Two-dimensional curvature functionals with superquadratic growth

Ernst Kuwert[1], Tobias Lamm[2] and Yuxiang Li[3]

(1) Mathematisches Institut, Universität Freiburg, Eckerstraße 1, 79104, Freiburg i. Br., Germany
(2) Institut für Analysis, Karlsruhe Institute of Technology (KIT), Englerstrasse 2, 76131, Karlsruhe, Germany
(3) Department of Mathematical Sciences, Tsinghua University, 100084, Beijing, China

For two-dimensional, immersed closed surfaces $f:\Sigma \to \mathbb R^n$, we study the curvature functionals $\mathcal{E}^p(f)$ and $\mathcal{W}^p(f)$ with integrands $(1+|A|^2)^{p/2}$ and $(1+|H|^2)^{p/2}$, respectively.
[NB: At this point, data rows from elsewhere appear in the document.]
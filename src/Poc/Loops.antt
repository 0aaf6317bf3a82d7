-- ===== src/Poc/Loops.antt =====
-- What the loops leave behind.
use libnebula.Prelude.{
  ℕ, zero, suc, ◌+◌, ◌%◌, ◌≡◌, refl, ◌∙◌, ap, inl, inr, true, false, Bool-cases, Option, none, some,
  if◌then◌else◌, arith,
}
use libnebula.Thread.{compare_and_swap}
use libnebula.Mutex.{Pthread, Excludes}
use libnebula.Poc.{is_odd, turn, swap_loop, mutex_loop, evaluate_pthread_mutex, main}

-- From the word that the rounds before have left, every swap succeeds.
swap_loop-parity : (rounds i : ℕ) → swap_loop rounds i (i % 2) ≡ (rounds + i) % 2
unfolding swap_loop
swap_loop-parity zero i = ground arith
swap_loop-parity (suc rounds) i =
    let swapped : (if is_odd i
          then (compare_and_swap (i % 2) 1 0).1
          else (compare_and_swap (i % 2) 0 1).1)
        ≡ (i + 1) % 2 =
      ground arith in
    rw swapped (swap_loop-parity rounds (i + 1) ∙ ap (λ n. n % 2) (omega arith))

module _ {M : Type 0} (pt : Pthread M) (law : Excludes pt) (self : ℕ) where
  -- Who owns the mutex before round `i`.
  abbrev owner_at : ℕ → Option ℕ
  owner_at i = if is_odd i then some self else none

  turn-owner :
      (i : ℕ) (m : M)
      → pt.owner m ≡ owner_at i
      → (m' : M) × (turn pt self i m ≡ some m') × (pt.owner m' ≡ owner_at (i + 1))
  turn-owner i m h = elim (Bool-cases (is_odd i)) [
    | inl odd ↦
        let even' : is_odd (i + 1) ≡ false = ground arith in
        let mine : pt.owner m ≡ some self = h ∙ rw odd refl in
        ((pt.unlock self m).1, rw odd refl, rw even' (law.unlock_frees self m mine))
    | inr even ↦
        let odd' : is_odd (i + 1) ≡ true = ground arith in
        let free : pt.owner m ≡ none = h ∙ rw even refl in
        let (m', e) = law.lock_free self m free in
        (m', rw even e, rw odd' (law.lock_takes self m m' e).1)
  ]

  mutex_loop-owner :
      (rounds i : ℕ) (m : M)
      → pt.owner m ≡ owner_at i
      → (m' : M) × (mutex_loop pt self rounds i m ≡ some m') × (pt.owner m' ≡ owner_at (rounds + i))
  unfolding mutex_loop
  mutex_loop-owner zero i m h = (m, refl, h ∙ ap owner_at (omega arith))
  mutex_loop-owner (suc rounds) i m h =
      let (m1, e1, h1) = turn-owner i m h in
      let (m2, e2, h2) = mutex_loop-owner rounds (i + 1) m1 h1 in
      (m2, rw (e1, mutex_loop) e2, h2 ∙ ap owner_at (omega arith))

  -- evaluatePthreadMutex on a new mutex that excludes and that nobody owns: its loop ends. After an
  -- even number of rounds nobody owns the mutex, and it is unlocked once more; after an odd number
  -- the calling thread owns it, and it is not unlocked: main then destroys a mutex that is locked.
  -- The two words that main has swapped are 1 after an odd number of rounds and 0 after an even
  -- one.
  pub evaluate_pthread_mutex_lem :
      (n : ℕ)
      → (m : M) × (mutex_loop pt self n 0 pt.init ≡ some m)
        × (n % 2 ≡ 0 → (pt.owner m ≡ none) × (main pt self n ≡ some (0, 0, (pt.unlock self m).1)))
        × (n % 2 ≡ 1 → (pt.owner m ≡ some self) × (main pt self n ≡ some (1, 1, m)))
  unfolding main evaluate_pthread_mutex
  evaluate_pthread_mutex_lem n =
      let (m, e, h) = mutex_loop-owner n 0 pt.init law.init_free in
      let words : swap_loop n 0 0 ≡ n % 2 = swap_loop-parity n 0 ∙ ap (λ k. k % 2) (omega arith) in
      let at_n : owner_at (n + 0) ≡ owner_at n = ap owner_at (omega arith) in
      (
        m,
        e,
        λ even.
            let test : is_odd n ≡ false = ground arith in
            (h ∙ at_n ∙ rw test refl, rw (e, main) (rw (test, words, even) refl)),
        λ odd.
            let test : is_odd n ≡ true = ground arith in
            (h ∙ at_n ∙ rw test refl, rw (e, main) (rw (test, words, odd) refl)),
      )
Here $A$ is the second fundamental form, $H$ is the mean curvature and we assume $p > 2$. Our main result asserts that $W^{2,p}$ critical points are smooth in both cases. We also prove a compactness theorem for $\mathcal{W}^p$-bounded sequences. In the case of $\mathcal{E}^p$ this is just Langer's theorem [16], while for $\mathcal{W}^p$ we have to impose a bound for the Willmore energy strictly below $8\pi$ as an additional condition. Finally, we establish versions of the Palais–Smale condition for both functionals.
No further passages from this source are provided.